I put following configuration files into src2_train_yolo/ for training yolo.

src2_train_yolo
├── my-train.data
├── yolov3-my-test.cfg
└── yolov3-my-train.cfg

src2_train_yolo/my-train.data stores the paths to train.txt, valid.txt, and classes.txt.

src2_train_yolo/yolov3-my-train.cfg stores the training parameters. It's set based on this tutorial.

4.2 Train

  • Train:

    $ ./darknet/darknet detector train src2_train_yolo/my-train.data src2_train_yolo/yolov3-my-train.cfg model/darknet53.conv.74 | tee results/mylog.txt

  • Parameters:

    Train/test split = 8 / 2.
    Trained for 6000 iterations.

  • Loss history:

    During training, I saved the log to "results/mylog.txt". Then, I use this script results/plot_loss_from_txt.py to plot the above figure.

  • Results on test set:

    $ ./darknet/darknet detector map src2_train_yolo/my-train.data src2_train_yolo/yolov3-my-train.cfg model/v1-6000.weights

    The output results are:

    detections_count = 469, unique_truth_count = 442  
    class_id = 0, name = bottle, 	 ap = 90.91 % 
    class_id = 1, name = meter, 	 ap = 90.91 % 
    for thresh = 0.25, precision = 1.00, recall = 0.95, F1-score = 0.97 
    for thresh = 0.25, TP = 418, FP = 0, FN = 24, average IoU = 88.67 % 
    
    IoU threshold = 50 % 
    mean average precision ([email protected]) = 0.909091, or 90.91 % 
    Total Detection Time: 9.000000 Seconds
    
  • Speed

  • Test single image:
    image size: 416x416
    time = 22.6 ms

  • Test a batch of images:
    image size: 416x416
    time = 9s/469 = 19.2 ms

4.3 Test

  • Test on single image:

    $ ./darknet/darknet detector test src2_train_yolo/my-train.data src2_train_yolo/yolov3-my-test.cfg model/v1-6000.weights data_yolo/example1.png -thresh 0.25
    $ ./darknet/darknet detector test src2_train_yolo/my-train.data src2_train_yolo/yolov3-my-test.cfg model/v1-6000.weights data_yolo/example2.png -thresh 0.25

  • Test on video (Not working):

    $ ./darknet/darknet detector demo src2_train_yolo/my-train.data src2_train_yolo/yolov3-my-test.cfg model/v1-6000.weights data_yolo/test_bottle.avi -out_filename video_result.avi

    Bad result: (1) Low framerate. (2) The output avi cannot be opened.

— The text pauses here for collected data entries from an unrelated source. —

-- ===== src/Memory/Physical/Allocate.antt =====
-- `paging_physical_AllocateFrames` of memory/paging_physical.c.
use helos.Prelude.{
  Bool-cases, ltb, ◌&&◌, leb, if◌then◌else◌, ◌%◌, ◌+◌, zero, ◌∙◌, Option-cases, suc, arith, ℕ, ◌-◌,
  ◌*◌, ◌/◌, ◌≤◌, ◌<◌, ◌≡◌, refl, ap, ◌⊎◌, inl, inr, Bool, true, false, not, ◌||◌, List, [], ◌∷◌,
  ◌==◌, length,
}
use helos.Memory.Physical.{Frames, page_size, search_frame, allocate_frames, free_frame}
use helos.Memory.Physical.Bitmap.{used, used-bitmap_write_zero}
use helos.Memory.Physical.Search.{Found, search_frame-Found, search_frame-Exhausted}

-- Whether the frame is one of those given out.
abbrev pub given : List ℕ → ℕ → Bool
given [] page = false
given (a ∷ as') page = (a == page * page_size) || given as' page

-- The addresses are of frames that were free, each within the memory at or above the place where
-- the search began, and no two are the same.
abbrev pub AllFresh : Frames → List ℕ → Type 0
AllFresh s [] = Unit {0}
AllFresh s (a ∷ as') =
    ((page : ℕ) × (a ≡ page * page_size)
      × (used s.bitmap page ≡ false)
      × (s.phy_i * 64 ≤ page)
      × (page < s.end_page / 64 * 64)
      × (given as' page ≡ false))
    × AllFresh s as'

abbrev pub wipe : List ℕ → List (ℕ × ℕ) → List (ℕ × ℕ)
wipe [] log = log
wipe (a ∷ as') log = wipe as' ((a, page_size) ∷ log)

pub record Allotted (n : ℕ) (s : Frames) (frames : List ℕ) (s' : Frames) : Type 0 where
  pub fresh : AllFresh s frames
  pub taken : (p : ℕ) → used s'.bitmap p ≡ (given frames p || used s.bitmap p)
  pub wiped : s'.cleared ≡ wipe frames s.cleared
  pub as_many :
      (length frames ≡ n)
      ⊎ ((p : ℕ) → s.phy_i * 64 ≤ p → p < s.end_page / 64 * 64 → used s'.bitmap p ≡ true)

-- What is fresh after a frame was given out was fresh before, and is another frame.
fresh-before :
    (as' : List ℕ) {s s' : Frames} {a : ℕ} (f : Found s a s')
    → AllFresh s' as'
    → AllFresh s as' × (given as' f.page ≡ false)
fresh-before [] f fresh = (tt, refl)
fresh-before (b ∷ as') {s} {s'} f fresh =
    let (page, at, free, above, below, other) = fresh.0 in
    let rest = fresh-before as' f fresh.1 in
    let apart : ((page == f.page) ≡ false) × (used s.bitmap page ≡ false) =
      ground (arith, f.taken page, free) in
    (
      (
        (
          page,
          at,
          apart.1,
          omega (arith, f.onward, above),
          omega (arith, f.same_end, below),
          other,
        ),
        rest.0,
      ),
      ground (arith, at, apart, rest.1),
    )

more-Allotted :
    {n : ℕ} {s s' s'' : Frames} {a : ℕ} {frames : List ℕ}
    → Found s a s'
    → Allotted n s' frames s''
    → Allotted (suc n) s (a ∷ frames) s''
more-Allotted {n} {s} {s'} {s''} {a} {frames} f rest =
    let before = fresh-before frames f rest.fresh in
    record {
      fresh = ((f.page, f.at, f.was_free, f.above, f.below, before.1), before.0);
      taken = λ p. ground (arith, rest.taken p, f.taken p, f.at);
      wiped = rest.wiped ∙ ap (wipe frames) f.wiped;
      as_many = elim rest.as_many [
        | inl e ↦ inl (ap suc e)
        | inr all ↦ inr (λ p above below.
            ground (arith, f.skipped p, f.taken p, rest.taken p, all p, f.same_end))
      ];
    }

-- `paging_physical_AllocateFrames(n, frames)` on a bitmap that covers the memory: the frames it
-- writes are of the memory, were free, lie at or above the word that the search has reached, and no
-- two are the same; afterwards they are in use and no other frame has changed; each is cleared, in
-- order; and they are `n` unless every frame from that word on, up to the last whole word of 64
-- frames of the memory, is in use afterwards.
pub allocate_frames-Allotted :
    (n : ℕ) (s : Frames)
    → s.end_page ≤ 64 * length s.bitmap
    → Allotted n s (allocate_frames n s).0 (allocate_frames n s).1
unfolding allocate_frames
allocate_frames-Allotted zero s h = record {
  fresh = tt;
  taken = λ p. refl;
  wiped = refl;
  as_many = inl refl;
}
allocate_frames-Allotted (suc n) s h =
    let fuel = s.end_page / 64 - s.phy_i in
    let s' = (search_frame fuel s).1 in
    elim (Option-cases (search_frame fuel s).0) [
      | inl e ↦
          let x = search_frame-Exhausted fuel s (omega arith) e in
          rw (allocate_frames, e)
            (record {
              fresh = tt;
              taken = λ p. ap (λ b. used b p) x.same_bits;
              wiped = x.same_cleared;
              as_many =
                  inr (λ p above below. ap (λ b. used b p) x.same_bits ∙ x.all_used p above below);
            })
      | inr (a, e) ↦
          let f = search_frame-Found fuel s a h e in
          rw (allocate_frames, e)
            (more-Allotted f
              (allocate_frames-Allotted n s' (omega (arith, h, f.same_end, f.same_length))))
    ]

pub given-below :
    (s : Frames) (frames : List ℕ) (page : ℕ)
    → AllFresh s frames
    → page < s.phy_i * 64
    → given frames page ≡ false
given-below s [] page fresh h = refl
given-below s (a ∷ as') page fresh h = ground (arith, fresh.0, given-below s as' page fresh.1 h)

-- `paging_physical_FreeFrame(frame, page_count)` frees the `page_count` frames from an aligned
-- address on, at least one and all of them within the bitmap, and changes no other; at an address
-- that is not aligned it does nothing.
pub used-free_frame :
    (frame page_count : ℕ) (s : Frames) (p : ℕ)
    → 1 ≤ page_count
    → frame / page_size + page_count ≤ 64 * length s.bitmap
    → used (free_frame frame page_count s).bitmap p ≡ (
        if frame % page_size == 0
        then not (leb (frame / page_size) p && ltb p (frame / page_size + page_count))
          && used s.bitmap p
        else used s.bitmap p)
unfolding free_frame
used-free_frame frame page_count s p h k = elim (Bool-cases (frame % page_size == 0)) [
  | inl e ↦ rw e (
      used-bitmap_write_zero (frame / page_size) (frame / page_size + page_count) s.bitmap p
        (omega arith) k)
  | inr e ↦ rw e refl
]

  • Batch detecting images (Not working):

    $ ./darknet/darknet detector test src2_train_yolo/my-train.data src2_train_yolo/yolov3-my-test.cfg model/v1-6000.weights -dont_show < data_yolo/video_bottle.txt > result.txt

    Bad result: (1) The bounding box information is not saved to txt, but only the detection result. (2) If not using -dont_show, I'll have to press keys one by one, which is pretty slow.

  • Batch detecting images (Error):
    The repo is from https://github.com/vincentgong7/VG_AlexeyAB_darknet

    $ ./darknet/darknet detector batch src2_train_yolo/my-train.data src2_train_yolo/yolov3-my-test.cfg model/v1-6000.weights batch data_yolo/video_bottle/images/ tmp/ > tmp/results.txt

  • Batch detecting images (Slow):
    See this script src2_train_yolo/bash_detect_images_in_txt.py.
    It runs the "./darknet/darknet detector test" command for all images in a folder and save the resultant images to another folder.

TODO

  1. In data augmentation: Add more small objects. Add motion blur.
  2. Improve README.
  3. Change source code to enable input of video or batch images.
  4. Integrate with my Winter Project to detect object 6D pose.